Saudi Arabia sees a squeeze in liquidity as oil prices remain low
Demand for deposits dropped 4.7%, or about $13.5 billion, in Saudi Arabia over the course of October, forcing banks to borrow more from each other. The rate at which banks in Saudi Arabia lend overnight to each other jumped the most in seven years in November, the fifth straight month of increases, following the lower deposits in October, according to information from Bloomberg.
“The drop in deposits in October, in absolute amount, is probably the biggest since the 1990s,” Murad Ansari, a bank analyst at EFG-Hermes Holding SAE, said from Riyadh on Monday. “There are payment delays from the government to contractors, which is one of the reasons for the decline in private sector deposits, and public sector deposits are shrinking as the government is running a deficit.”
The squeeze on Saudi banks comes as the group continues to lead OPEC in a policy of defending market share over prices. About 90% of the government’s revenue comes from energy, meaning the drastic fall in oil prices since November of last year have put Saudi Arabia in a position where it has to run a deficit.
The three-month Saudi Interbank Offered Rate, which is used to price some loans, climbed 13 basis points this month to 1.11625 percent on Monday, according to data from the Saudi Arabian Monetary Agency on Bloomberg. That’s the biggest gain since October 2008 and the rate is at its highest since April 2009.
Standard & Poor’s lowered Saudi Arabia’s credit rating in October, citing concerns over the budget deficit, which S&P forecasts will increase to 16% of GDP this year. The Saudi riyal 12-month forward points rose 650 last week, the highest in more than 16 years, as investors bet the government would abandon its fixed exchange rate amid oil’s decline.
Tightening loans-to-deposits ratio
The loans-to-deposits ratio tightened to 83.8% in October 2015 from 82.5% a year earlier, indicating less liquidity. The government has borrowed at least 55 billion riyals ($14.7 billion) from local banks and institutions through bond issues this year to bridge its fiscal gap, which the International Monetary Fund projects will by more than 20% of economic output, up from 2.3% last year.
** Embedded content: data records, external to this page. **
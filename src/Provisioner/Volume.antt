-- ===== src/Provisioner/Volume.antt =====
-- The volume of a claim and an entry of a disk map, field by field.
use kubernetes_external_prov.Base.{
  Bool-cases, Dict, Option, Option-cases, Result, String, [], ap, arith, inl, inr, lookup, ltb,
  none, read, refl, some, subst⁻¹, sym, ◌-◌, ◌<◌, ◌^◌, ◌∙◌, ◌∷◌, ◌≡◌, ◌≤◌,
}
use kubernetes_external_prov.Fsutils.Device.{negsuc, pos, ℤ}
use kubernetes_external_prov.Models.{
  DiskEntry, annotation_provisioned_by, provisioner_name, pvc_annotation_uuid,
}
use kubernetes_external_prov.Provisioner.{
  Node, PersistentVolume, ProvisionOptions, ReclaimPolicy, build_pv, capacity_of, or_retain, retain,
  to_int64,
}

-- The reclaim policy is that of the class, and to retain where it has none.
pub data IsPolicy : Option ReclaimPolicy → ReclaimPolicy → Type 0 where
  of_class : (p : ReclaimPolicy) → IsPolicy (some p) p
  by_default : IsPolicy none retain

module _ {Q : Type 0} (zero_quantity : Q) (new_quantity : ℤ → Q) where
  -- The capacity is the disk's size as an `int64`; where the size is not known, what the claim
  -- requests of storage; and zero where it requests none.
  pub data IsCapacity (options : ProvisionOptions Q) (entry : DiskEntry) : Q → Type 0 where
    of_disk :
        0 < entry.size
        → entry.size < 2 ^ 63
        → IsCapacity options entry (new_quantity (pos entry.size))
    beyond_int64 :
        2 ^ 63 ≤ entry.size
        → IsCapacity options entry (new_quantity (negsuc (2 ^ 64 - 1 - entry.size)))
    of_request :
        (q : Q)
        → entry.size ≡ 0
        → lookup "storage" options.pvc.requests ≡ some q
        → IsCapacity options entry q
    unrequested :
        entry.size ≡ 0
        → lookup "storage" options.pvc.requests ≡ none
        → IsCapacity options entry zero_quantity

  -- The volume that is due for a claim, where the disk that it names has this entry on the selected node.
  pub record IsVolume (options : ProvisionOptions Q) (entry : DiskEntry) (pv : PersistentVolume Q)
      : Type 0 where
    pub named : pv.name ≡ options.pv_name
    pub annotated :
        pv.annotations
        ≡ (annotation_provisioned_by, provisioner_name)
          ∷ (pvc_annotation_uuid, read pvc_annotation_uuid options.pvc.annotations)
          ∷ []
    pub reclaimed : IsPolicy options.storage_class.reclaim_policy pv.reclaim_policy
    pub accessed : pv.access_modes ≡ options.pvc.access_modes
    pub classed : pv.storage_class_name ≡ options.storage_class.name
    pub in_mode : pv.volume_mode ≡ options.pvc.volume_mode
    pub quantity : Q
    pub sized : pv.capacity ≡ ("storage", quantity) ∷ []
    pub due : IsCapacity options entry quantity
    pub at_path : pv.local_path ≡ entry.path
    pub on_node : pv.node_terms ≡ (
        (record {
          key = "kubernetes.io/hostname";
          operator = "In";
          values = options.selected_node_name ∷ [];
        }
          ∷ [])
        ∷ [])

  or_retain-IsPolicy : (o : Option ReclaimPolicy) → IsPolicy o (or_retain o)
  or_retain-IsPolicy none = by_default
  or_retain-IsPolicy (some p) = of_class p

  policy_unique : (o : Option ReclaimPolicy) (p : ReclaimPolicy) → IsPolicy o p → or_retain o ≡ p
  policy_unique _ _ (of_class p) = refl
  policy_unique _ _ by_default = refl

  some-IsCapacity :
      (options : ProvisionOptions Q) (entry : DiskEntry) → (q : Q) × IsCapacity options entry q
  some-IsCapacity options entry = elim (Bool-cases (ltb 0 entry.size)) [
    | inl known ↦ elim (Bool-cases (ltb entry.size (2 ^ 63))) [
      | inl small ↦ (_, of_disk (ground arith) (ground arith))
      | inr huge ↦ (_, beyond_int64 (ground arith))
    ]
    | inr unknown ↦ elim (Option-cases (lookup "storage" options.pvc.requests)) [
      | inl absent ↦ (_, unrequested (ground arith) absent)
      | inr (q, there) ↦ (q, of_request q (ground arith) there)
    ]
  ]

  module _ {W : Type 0} (get_node : String → W → Result Node)
      (unmarshal : String → Result (Dict DiskEntry)) where
    abbrev capacity : ProvisionOptions Q → DiskEntry → Q
    capacity = capacity_of zero_quantity new_quantity get_node unmarshal

    capacity_unique :
        (options : ProvisionOptions Q) (entry : DiskEntry) (q : Q)
        → IsCapacity options entry q
        → capacity options entry ≡ q
    unfolding capacity_of to_int64
    capacity_unique options entry _ (of_disk known small) = ground arith
    capacity_unique options entry _ (beyond_int64 huge) = ground arith
    capacity_unique options entry _ (of_request q unknown there) = rw (unknown, there)
    capacity_unique options entry _ (unrequested unknown absent) = rw (unknown, absent)

    capacity_of-IsCapacity :
        (options : ProvisionOptions Q) (entry : DiskEntry)
        → IsCapacity options entry (capacity options entry)
    capacity_of-IsCapacity options entry =
        let (q, due) = some-IsCapacity options entry in
        subst⁻¹ (IsCapacity options entry) (capacity_unique options entry q due) due

    pub build_pv-IsVolume :
        (options : ProvisionOptions Q) (entry : DiskEntry)
        → IsVolume options entry (
            build_pv zero_quantity new_quantity get_node unmarshal options
              (read pvc_annotation_uuid options.pvc.annotations)
              entry)
    unfolding build_pv
    build_pv-IsVolume options entry = record {
      named = refl;
      annotated = refl;
      reclaimed = or_retain-IsPolicy options.storage_class.reclaim_policy;
      accessed = refl;
      classed = refl;
      in_mode = refl;
      quantity = capacity options entry;
      sized = refl;
      due = capacity_of-IsCapacity options entry;
      at_path = refl;
      on_node = refl;
    }

    -- No other volume is due.
    pub build_pv_unique :
        (options : ProvisionOptions Q) (entry : DiskEntry) (pv : PersistentVolume Q)
        → IsVolume options entry pv
        → build_pv zero_quantity new_quantity get_node unmarshal options
            (read pvc_annotation_uuid options.pvc.annotations)
            entry
          ≡ pv
    unfolding build_pv
    build_pv_unique options entry pv h = λ i. record {
      name = sym h.named i;
      annotations = sym h.annotated i;
      reclaim_policy =
          policy_unique options.storage_class.reclaim_policy pv.reclaim_policy h.reclaimed i;
      access_modes = sym h.accessed i;
      storage_class_name = sym h.classed i;
      volume_mode = sym h.in_mode i;
      capacity =
          (ap (λ q. ("storage", q) ∷ []) (capacity_unique options entry h.quantity h.due)
              ∙ sym h.sized)
            i;
      local_path = sym h.at_path i;
      node_terms = sym h.on_node i;
    }
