-- ===== src/Provisioner/Outcome.antt =====
-- When a volume is provisioned, and when the scheduler is asked for another node.
use kubernetes_external_prov.Base.{
  ==-false, Bool-cases, Dict, IsErr, IsErr-ne_ok, Option-cases, Result, Result-cases, String, ap,
  eq_of_==, false, inl, inr, lookup, ne_of_==, none, ok, ok-injective, read, some, subst, sym, ◌==◌,
  ◌↔◌, ◌∙◌, ◌≡◌, ◌≢◌, ◌⊎◌,
}
use kubernetes_external_prov.Fsutils.Device.{ℤ}
use kubernetes_external_prov.Models.{DiskEntry, annotation_disk_map, pvc_annotation_uuid}
use kubernetes_external_prov.Provisioner.{
  Node, PersistentVolume, ProvisionOptions, ProvisioningState, Reply, build_pv, finished, from_node,
  provision, reschedule,
}
use kubernetes_external_prov.Provisioner.Volume.{IsVolume, build_pv-IsVolume, build_pv_unique}

finished≢reschedule : finished ≢ reschedule
finished≢reschedule h = cc

module _ {Q W : Type 0} (zero_quantity : Q) (new_quantity : ℤ → Q)
    (get_node : String → W → Result Node) (unmarshal : String → Result (Dict DiskEntry)) where
  abbrev run : ProvisionOptions Q → W → Result (PersistentVolume Q) × ProvisioningState
  run = provision zero_quantity new_quantity get_node unmarshal

  -- A node was selected, the claim names a disk, and the node's disk map has an entry for it.
  pub record HasDisk (options : ProvisionOptions Q) (w : W) (entry : DiskEntry) : Type 0 where
    pub selected : options.selected_node_name ≢ ""
    pub claimed : read pvc_annotation_uuid options.pvc.annotations ≢ ""
    pub node : Node
    pub found : get_node options.selected_node_name w ≡ ok node
    pub annotated : read annotation_disk_map node.annotations ≢ ""
    pub disk_map : Dict DiskEntry
    pub parsed : unmarshal (read annotation_disk_map node.annotations) ≡ ok disk_map
    pub present : lookup (read pvc_annotation_uuid options.pvc.annotations) disk_map ≡ some entry

  abbrev pub uuid_of : ProvisionOptions Q → String
  uuid_of options = read pvc_annotation_uuid options.pvc.annotations

  pub provision_complete :
      (options : ProvisionOptions Q) (w : W) (entry : DiskEntry)
      → HasDisk options w entry
      → run options w ≡ (
        ok (build_pv zero_quantity new_quantity get_node unmarshal options (uuid_of options) entry),
        finished,
      )
  unfolding provision
  provision_complete options w entry h =
      rw
        (==-false options.selected_node_name "" h.selected, ==-false (uuid_of options) "" h.claimed)
        (rw h.found (
          rw (==-false (read annotation_disk_map h.node.annotations) "" h.annotated)
            (rw h.parsed (rw h.present))))

  -- The node is there, but has not been scanned yet or does not have the disk.
  pub record IsAwaited (options : ProvisionOptions Q) (w : W) : Type 0 where
    pub selected : options.selected_node_name ≢ ""
    pub claimed : uuid_of options ≢ ""
    pub node : Node
    pub found : get_node options.selected_node_name w ≡ ok node
    pub lacking :
        (read annotation_disk_map node.annotations ≡ "")
        ⊎ ((read annotation_disk_map node.annotations ≢ "")
            × ((disk_map : Dict DiskEntry) × (unmarshal (read annotation_disk_map node.annotations)
                  ≡ ok disk_map)
                × (lookup (uuid_of options) disk_map ≡ none)))

  awaited_complete :
      (options : ProvisionOptions Q) (w : W) → IsAwaited options w → (run options w).1 ≡ reschedule
  unfolding provision
  awaited_complete options w h =
      rw
        (==-false options.selected_node_name "" h.selected, ==-false (uuid_of options) "" h.claimed)
        (rw h.found (lack h.lacking))
    where
      lack :
          (read annotation_disk_map h.node.annotations ≡ "")
            ⊎ ((read annotation_disk_map h.node.annotations ≢ "")
                × ((disk_map : Dict DiskEntry) × (unmarshal
                        (read annotation_disk_map h.node.annotations)
                      ≡ ok disk_map)
                    × (lookup (uuid_of options) disk_map ≡ none)))
          → (from_node zero_quantity new_quantity get_node unmarshal options
              (uuid_of options)
              (ok h.node)).1
            ≡ reschedule
      lack (inl blank) = rw blank
      lack (inr (there, (disk_map, parsed, absent))) =
          rw (==-false (read annotation_disk_map h.node.annotations) "" there)
            (rw parsed (rw absent))

  data Outcome (options : ProvisionOptions Q) (w : W) : Type 0 where
    refused : IsErr (run options w).0 → (run options w).1 ≡ finished → Outcome options w
    awaited : IsErr (run options w).0 → IsAwaited options w → Outcome options w
    provided : (entry : DiskEntry) → HasDisk options w entry → Outcome options w

  module _ (options : ProvisionOptions Q) (w : W)
      (selected : (options.selected_node_name == "") ≡ false)
      (claimed : (uuid_of options == "") ≡ false) (node : Node)
      (found : get_node options.selected_node_name w ≡ ok node)
      (there : (read annotation_disk_map node.annotations == "") ≡ false)
      (disk_map : Dict DiskEntry)
      (parsed : unmarshal (read annotation_disk_map node.annotations) ≡ ok disk_map) where
    map_outcome : Outcome options w
    map_outcome = elim (Option-cases (lookup (uuid_of options) disk_map)) [
      | inl absent ↦
          awaited
            (unfold provision in
              rw (selected, claimed) (rw found (rw there (rw parsed (rw absent tt)))))
            (record {
              selected = ne_of_== _ _ selected;
              claimed = ne_of_== _ _ claimed;
              node = node;
              found = found;
              lacking = inr (ne_of_== _ _ there, (disk_map, parsed, absent));
            })
      | inr (entry, present) ↦ provided entry (record {
        selected = ne_of_== _ _ selected;
        claimed = ne_of_== _ _ claimed;
        node = node;
        found = found;
        annotated = ne_of_== _ _ there;
        disk_map = disk_map;
        parsed = parsed;
        present = present;
      })
    ]

  module _ (options : ProvisionOptions Q) (w : W)
      (selected : (options.selected_node_name == "") ≡ false)
      (claimed : (uuid_of options == "") ≡ false) (node : Node)
      (found : get_node options.selected_node_name w ≡ ok node) where
    node_outcome : Outcome options w
    node_outcome = elim (Bool-cases (read annotation_disk_map node.annotations == "")) [
      | inl blank ↦
          awaited (unfold provision in rw (selected, claimed) (rw found (rw blank tt))) (record {
            selected = ne_of_== _ _ selected;
            claimed = ne_of_== _ _ claimed;
            node = node;
            found = found;
            lacking = inl (eq_of_== _ _ blank);
          })
      | inr there ↦ elim (Result-cases (unmarshal (read annotation_disk_map node.annotations))) [
        | inr (e, bad) ↦
            refused (unfold provision in rw (selected, claimed) (rw found (rw there (rw bad tt))))
              (unfold provision in rw (selected, claimed) (rw found (rw there (rw bad))))
        | inl (disk_map, parsed) ↦
            map_outcome options w selected claimed node found there disk_map parsed
      ]
    ]

  outcome : (options : ProvisionOptions Q) (w : W) → Outcome options w
  outcome options w = elim (Bool-cases (options.selected_node_name == "")) [
    | inl unselected ↦
        refused (unfold provision in rw unselected tt) (unfold provision in rw unselected)
    | inr selected ↦ elim (Bool-cases (uuid_of options == "")) [
      | inl unclaimed ↦
          refused (unfold provision in rw (selected, unclaimed) tt)
            (unfold provision in rw (selected, unclaimed))
      | inr claimed ↦ elim (Result-cases (get_node options.selected_node_name w)) [
        | inr (e, lost) ↦
            refused (unfold provision in rw (selected, claimed) (rw lost tt))
              (unfold provision in rw (selected, claimed) (rw lost))
        | inl (node, found) ↦ node_outcome options w selected claimed node found
      ]
    ]
  ]

  pub provision-ok_iff :
      (options : ProvisionOptions Q) (w : W) (pv : PersistentVolume Q)
      → ((run options w).0 ≡ ok pv) ↔ (
          (entry : DiskEntry) × HasDisk options w entry
          × IsVolume zero_quantity new_quantity options entry pv)
  provision-ok_iff options w pv = (
    λ h. go h (outcome options w),
    λ given.
        ap (λ (r : Reply zero_quantity new_quantity get_node unmarshal). r.0)
          (provision_complete options w given.0 given.1)
        ∙ ap ok (
            build_pv_unique zero_quantity new_quantity get_node unmarshal options given.0 pv
              given.2),
  )
    where
      go :
          (run options w).0 ≡ ok pv
          → Outcome options w
          → (entry : DiskEntry) × HasDisk options w entry
            × IsVolume zero_quantity new_quantity options entry pv
      go h (refused e s) = absurd (IsErr-ne_ok _ e h)
      go h (awaited e a) = absurd (IsErr-ne_ok _ e h)
      go h (provided entry has) = (
        entry,
        has,
        subst (IsVolume zero_quantity new_quantity options entry)
            (ok-injective (
              sym (
                ap (λ (r : Reply zero_quantity new_quantity get_node unmarshal). r.0)
                  (provision_complete options w entry has))
              ∙ h))
            (build_pv-IsVolume zero_quantity new_quantity get_node unmarshal options entry),
      )

  -- The scheduler is asked for another node exactly if a node was selected, the claim names a disk, and
  -- the node exists but has no disk map, or one without that disk.
  pub provision-reschedule_iff :
      (options : ProvisionOptions Q) (w : W)
      → ((run options w).1 ≡ reschedule) ↔ IsAwaited options w
  provision-reschedule_iff options w = (λ h. go h (outcome options w), awaited_complete options w)
    where
      go : (run options w).1 ≡ reschedule → Outcome options w → IsAwaited options w
      go h (refused e s) = absurd (finished≢reschedule (sym s ∙ h))
      go h (awaited e a) = a
      go h (provided entry has) = absurd (
          finished≢reschedule (
            sym (
              ap (λ (r : Reply zero_quantity new_quantity get_node unmarshal). r.1)
                (provision_complete options w entry has))
            ∙ h))

  -- Where the scheduler is asked for another node, there is an error too.
  pub provision-awaited :
      (options : ProvisionOptions Q) (w : W)
      → (run options w).1 ≡ reschedule
      → IsErr (run options w).0
  provision-awaited options w h = go h (outcome options w)
    where
      go : (run options w).1 ≡ reschedule → Outcome options w → IsErr (run options w).0
      go h (refused e s) = e
      go h (awaited e a) = e
      go h (provided entry has) = absurd (
          finished≢reschedule (
            sym (
              ap (λ (r : Reply zero_quantity new_quantity get_node unmarshal). r.1)
                (provision_complete options w entry has))
            ∙ h))
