-- ===== src/Provisioner/Ownership.antt =====
-- `Delete` and the volumes that `Provision` gives.
use kubernetes_external_prov.Base.{Dict, Result, String, lookup, ok, read, ◌≡◌}
use kubernetes_external_prov.Fsutils.Device.{ℤ}
use kubernetes_external_prov.Models.{DiskEntry}
use kubernetes_external_prov.Provisioner.{
  Node, PersistentVolume, ProvisionOptions, delete, provision,
}
use kubernetes_external_prov.Provisioner.Outcome.{provision-ok_iff}

-- `Delete` accepts every volume that `Provision` gives.
pub delete-provision :
    {Q W : Type 0} (zero_quantity : Q) (new_quantity : ℤ → Q) (get_node : String → W → Result Node)
    (unmarshal : String → Result (Dict DiskEntry)) (options : ProvisionOptions Q) (w : W)
    (pv : PersistentVolume Q)
    → (provision zero_quantity new_quantity get_node unmarshal options w).0 ≡ ok pv
    → delete pv ≡ ok tt
unfolding delete read lookup
delete-provision zero_quantity new_quantity get_node unmarshal options w pv h =
    let (entry, has, due) =
      (provision-ok_iff zero_quantity new_quantity get_node unmarshal options w pv).0 h in
    rw (due.annotated)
Borrowing is an OPEC-wide epidemic
Saudi Arabia is not alone in needing to borrow more money in order to shore-up its budgets as the price of international crude benchmark Brent remains 61% below its high of $115.07 in June of last year. Many of OPEC’s members are not as well equipped financially to handle the decline in crude oil prices as Saudi Arabia.
Based on data from the IMF, the average borrowing as a percent of GDP for OPEC countries will exceed 10% this year, and remain above the 2.8% average seen in 2014 for the next five years.
Kuwait and Qatar are the only OPEC members expected to lend money, rather than borrow, this year, according to the IMF. Kuwait’s level of lending is expected to remain elevated compared to other OPEC members through the end of the decade, but most other members are not expected to fare as well. Libya, in particular, is expected to borrow large sums of money compared to its GDP over the next four years.
The IMF believes Libya will borrow roughly 68% of its GDP this year, and 43% next year, before falling back to the 10-15% range through the end of the decade. Venezuela, which has called on OPEC to change its policy and set a price floor, is expected to borrow 20-22% of its GDP this year through 2020 as its oil-dependent economy struggles to adjust to low crude oil prices.